The ramps, Allium tricoccum, are just coming up here, not quite big enough to dig yet. They are quite good in stir fry or anything you would use garlic for. Raw, they are VERY strong. I sometimes eat one or two when I'm out in the woods. Warning: eating them raw will give you breath that will leave a memorable impression on anyone you see afterward. They have an interesting life history as the leaves come up in early spring, die back around early summer, then the flower comes up after the leaves around July. The easiest way to transplant them is to wait  for the shiny black seeds to mature around late summer and just scatter them around where you want them, which needs to be a shady place. I did that a few years ago and now I've got lots growing in my little woodlot. They definitely prefer the beech-sugar maple woods, but will grow in most places, except maybe very acid  oak or conifer woods.


----------



## epackage (Mar 19, 2012)

> ORIGINAL:  RedGinger
> 
> Gold?  []


 It wouldn't surprise me if there was Laur...


----------



## bobble (Mar 19, 2012)

Have you seen any of these yet,Miss Ginger?The mighty morel!This is some of the first I picked last year.


----------



## bobble (Mar 25, 2012)

Sort of noticed you haven't replied,I suppose you haven't seen these before.These are morel mushrooms.This time of year we go a-huntin' for them,fry them(rolled in seasoned flour)and make people really happy.There are several varieties that come up during the month of April,very easy to identify.The first  come up under fruit trees and white pines.Always be careful tho.,you can't mistake them for any other mushroom,but some do.Anyway,just thought I'd tell you what that bucket of stuff was.


----------



## Plumbata (Mar 25, 2012)

YES!!!  []

 Excellent work Laur (and Joe). I greatly appreciated the kindly offer this time last year but thankfully i found a huge patch of ramps on my own. They are the epitome of deliciousness for one who loves garlic, scallions, onions, chives, leeks, green onions, etc. They're right up there with wild raspberries, blackberries and strawberries as far as I'm concerned. Got a big ole patch of blackberries i found in the woods and hope to make several pies when they ripen. Blackberry pie is my favorite; apple being 2nd.

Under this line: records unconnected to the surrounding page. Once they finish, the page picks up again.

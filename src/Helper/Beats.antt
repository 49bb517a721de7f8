-- ===== src/Helper/Beats.antt =====
-- What the payload of the example writes (example/helper/main.go).
use winsvr.Base.{
  ℕ, zero, suc, ◌++◌, ◌+◌, ◌*◌, ◌≡◌, refl, ◌∙◌, Bool, true, false, Option, none, some, ap, List, [],
  ◌∷◌, arith,
}
use winsvr.Go.World.{Env, World, Node, FilePath, Op, path_eq, next}
use winsvr.Base.Bytes.{text}
use winsvr.Base.Decimal.{format_uint}
use winsvr.Go.Files.{FileMap, find}
use winsvr.Go.Effects.{files-write_file_ne, find-write_file_self}
use winsvr.Go.Os.{now, file}
use winsvr.Helper.{User, Wake, done, ticked, heartbeat, line, write, loop, main}

-- The ticks before the context is done.
unfoldable beats : List Wake → ℕ
beats [] = 0
beats (done ∷ wakes) = 0
beats (ticked ∷ wakes) = 1 + beats wakes

unfoldable is_stopped : List Wake → Bool
is_stopped [] = false
is_stopped (done ∷ wakes) = true
is_stopped (ticked ∷ wakes) = is_stopped wakes

unfoldable pub ticks : ℕ → List Wake
ticks zero = []
ticks (suc n) = ticked ∷ ticks n

beats-done :
    (n : ℕ) (rest : List Wake)
    → (beats (ticks n ++ (done ∷ rest)) ≡ n) × (is_stopped (ticks n ++ (done ∷ rest)) ≡ true)
unfolding ticks beats is_stopped
beats-done zero rest = (refl, refl)
beats-done (suc n) rest = (omega (arith, (beats-done n rest).0), (beats-done n rest).1)

beats-ticks : (n : ℕ) → (beats (ticks n) ≡ n) × (is_stopped (ticks n) ≡ false)
unfolding ticks beats is_stopped
beats-ticks zero = (refl, refl)
beats-ticks (suc n) = (omega (arith, (beats-ticks n).0), (beats-ticks n).1)

module _ (env : Env) (user : User) where
  find-write_ne :
      (p : FilePath) (w : World)
      → path_eq (heartbeat env user) p ≡ false
      → find p (write env user w).files ≡ find p w.files
  unfolding write now next
  find-write_ne p w apart = files-write_file_ne env (heartbeat env user) p _ (next w) apart

  find-loop_ne :
      (wakes : List Wake) (p : FilePath) (w : World)
      → path_eq (heartbeat env user) p ≡ false
      → find p (loop env user wakes w).1.files ≡ find p w.files
  unfolding loop
  find-loop_ne [] p w apart = refl
  find-loop_ne (done ∷ wakes) p w apart = refl
  find-loop_ne (ticked ∷ wakes) p w apart =
      find-loop_ne wakes p (write env user w) apart ∙ find-write_ne p w apart

  returned-loop : (wakes : List Wake) (w : World) → (loop env user wakes w).0 ≡ is_stopped wakes
  unfolding loop is_stopped
  returned-loop [] w = refl
  returned-loop (done ∷ wakes) w = refl
  returned-loop (ticked ∷ wakes) w = returned-loop wakes (write env user w)

  -- The file holds the line of a write that started at a tick, and another file is as it was.
  abbrev pub Beat : FileMap → FileMap → ℕ → FilePath → Type 0
  Beat fs fs' t p =
      (find (record { dir = user.temp_dir; base = text "winsvr-helper.txt" }) fs'
        ≡ some (
            file
              (user.format_time (env.now t)
                ++ (text " alive as "
                    ++ (user.name ++ (text " pid=" ++ (format_uint user.pid ++ (10 ∷ []))))))
              (env.now (t + 2))))
      × (find p fs' ≡ find p fs)

  -- The heartbeat file after a write that started at a tick.
  abbrev beat_at : ℕ → Option Node
  beat_at t = some (file (line env user (env.now t)) (env.now (t + 2)))

  module _ (opens : (t : ℕ) → env.fault t Op.op_open ≡ none)
      (writes : (t : ℕ) → env.fault t Op.op_write ≡ none) where
    write_works :
        (w : World)
        → (find (heartbeat env user) (write env user w).files ≡ beat_at w.tick)
          × ((write env user w).tick ≡ w.tick + 3)
    unfolding write now next
    write_works w =
        let (there, ticks) =
          find-write_file_self env (heartbeat env user) (line env user (env.now w.tick)) (next w)
            (opens (w.tick + 1)) (writes (w.tick + 1 + 1)) in
        let two : w.tick + 1 + 1 ≡ w.tick + 2 = omega arith in
        (
          there ∙ ap (λ t. some (file (line env user (env.now w.tick)) (env.now t))) two,
          omega (arith, ticks),
        )

    no_more : (w : World) → w.tick ≡ w.tick + 3 * 0
    no_more w = omega arith

    find-loop_self :
        (wakes : List Wake) (w : World)
        → find (heartbeat env user) (loop env user wakes (write env user w)).1.files
          ≡ beat_at (w.tick + 3 * beats wakes)
    unfolding loop beats
    find-loop_self [] w = (write_works w).0 ∙ ap beat_at (no_more w)
    find-loop_self (done ∷ wakes) w = (write_works w).0 ∙ ap beat_at (no_more w)
    find-loop_self (ticked ∷ wakes) w =
        let w' = write env user w in
        let later : w'.tick + 3 * beats wakes ≡ w.tick + 3 * (1 + beats wakes) =
          omega (arith, (write_works w).1) in
        find-loop_self wakes w' ∙ ap beat_at later

    Beat-main :
        {n : ℕ} (wakes : List Wake) (w : World) (p : FilePath)
        → path_eq (record { dir = user.temp_dir; base = text "winsvr-helper.txt" }) p ≡ false
        → beats wakes ≡ n
        → Beat w.files (main env user wakes w).1.files (w.tick + 3 * n) p
    unfolding main heartbeat line
    Beat-main wakes w p apart same = (
      find-loop_self wakes w ∙ ap (λ k. beat_at (w.tick + 3 * k)) same,
      find-loop_ne wakes p (write env user w) apart ∙ find-write_ne p w apart,
    )

    -- When no open and no write fails, and the context is done after `n` ticks, the payload of the
    -- example has returned, and the file winsvr-helper.txt of the temporary directory holds one line
    -- with the time of the last of its n + 1 writes, the user's name and the process's number, written
    -- two calls later; every other file is as it was. As long as the context is not done the same
    -- holds after `n` ticks, and the payload has not returned.
    pub heartbeat_exact :
        (n : ℕ) (rest : List Wake) (w : World) (p : FilePath)
        → path_eq (record { dir = user.temp_dir; base = text "winsvr-helper.txt" }) p ≡ false
        → (((main env user (ticks n ++ (done ∷ rest)) w).0 ≡ true)
            × Beat w.files (main env user (ticks n ++ (done ∷ rest)) w).1.files (w.tick + 3 * n) p)
          × (((main env user (ticks n) w).0 ≡ false)
              × Beat w.files (main env user (ticks n) w).1.files (w.tick + 3 * n) p)
    unfolding main
    heartbeat_exact n rest w p apart =
        let w' = write env user w in
        let stopped = ticks n ++ (done ∷ rest) in
        let (stopped_beats, is_done) = beats-done n rest in
        let (open_beats, is_open) = beats-ticks n in
        (
          (returned-loop stopped w' ∙ is_done, Beat-main stopped w p apart stopped_beats),
          (returned-loop (ticks n) w' ∙ is_open, Beat-main (ticks n) w p apart open_beats),
        )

 Ramps are strange and finicky as far as plants go, but those alliums are worth it. If you find some, never harvest more than 50% of the patch, because they require years to germinate, mature, and grow to a size adequate for culinary purposes. They've been wiped-out from many regions, and I've read that in some Canadian provinces they are a protected/regulated species. 

 Bobble is correct about the tastiness of morels; I hate mushrooms in general (the texture is what gets me) but the morels are actually rather toothsome to me. Had a dream last week where i found a 5-gallon bucket-full in a cemetery, near a 30's bottle dump full of milks and sodas, and then had to fight and banish several demons who were trying to kill me and steal my shrooms. I have weird dreams, and invariably in full-color and as lifelike as waking reality, lol. Intense, but I seem to survive. [] Sadly I woke without the bucket of mycological delicacies at my side. []

 Got several fruitful patches of morels back in Illinois which have been going strong for years, and a good Irish friend who eats them like candy. Hope he saves me some, lol. I've seen patches come and go, but the 1/8 acre+ patches never seem to fizzle out. Not in my short experience anyway.


----------



## surfaceone (Mar 25, 2012)

> They are the epitome of deliciousness for one who loves garlic, scallions, onions, chives, leeks, green onions, etc.


 
 You ain't kidding, Stephen,

 The bride picked some young leeks Friday, and made some delicious pancakes last night. These are called pajeon. And are totally toothsome. I couldn't find a picture of leek cakes, and we ate them all, in no time, so used this scallion example:


----------



## RED Matthews (Mar 25, 2012)

Plumbata;  Heavy dreams always tell me my sugar is too low.  Do you have trouble with your sugar?  I have to keep glucose tablets handy by the bed.  RED Matthews


----------



## carobran (Mar 26, 2012)

I don't guess we have those here.The only thing I've ever eaten (well,drank) from the woods is sassafras tea.Though I have often thought of picking wild onions and making miniature onion rings,doubt that would work too great though.[8|]..Anybody ever eaten wild onions?Do they taste basically the same as store bought onions?I always figured they were probably stronger.Anyway,didn't mean to get off course,ever tried making garlic bread with those leeks?Of course,then I guess it would be leek bread....


----------



## surfaceone (Mar 26, 2012)

Hey Ramp fans,

 The bride came home with a load of ramps picked after church, and asked me to see what the pricing was on the internet. She cooked a magnificent special treat dinner. 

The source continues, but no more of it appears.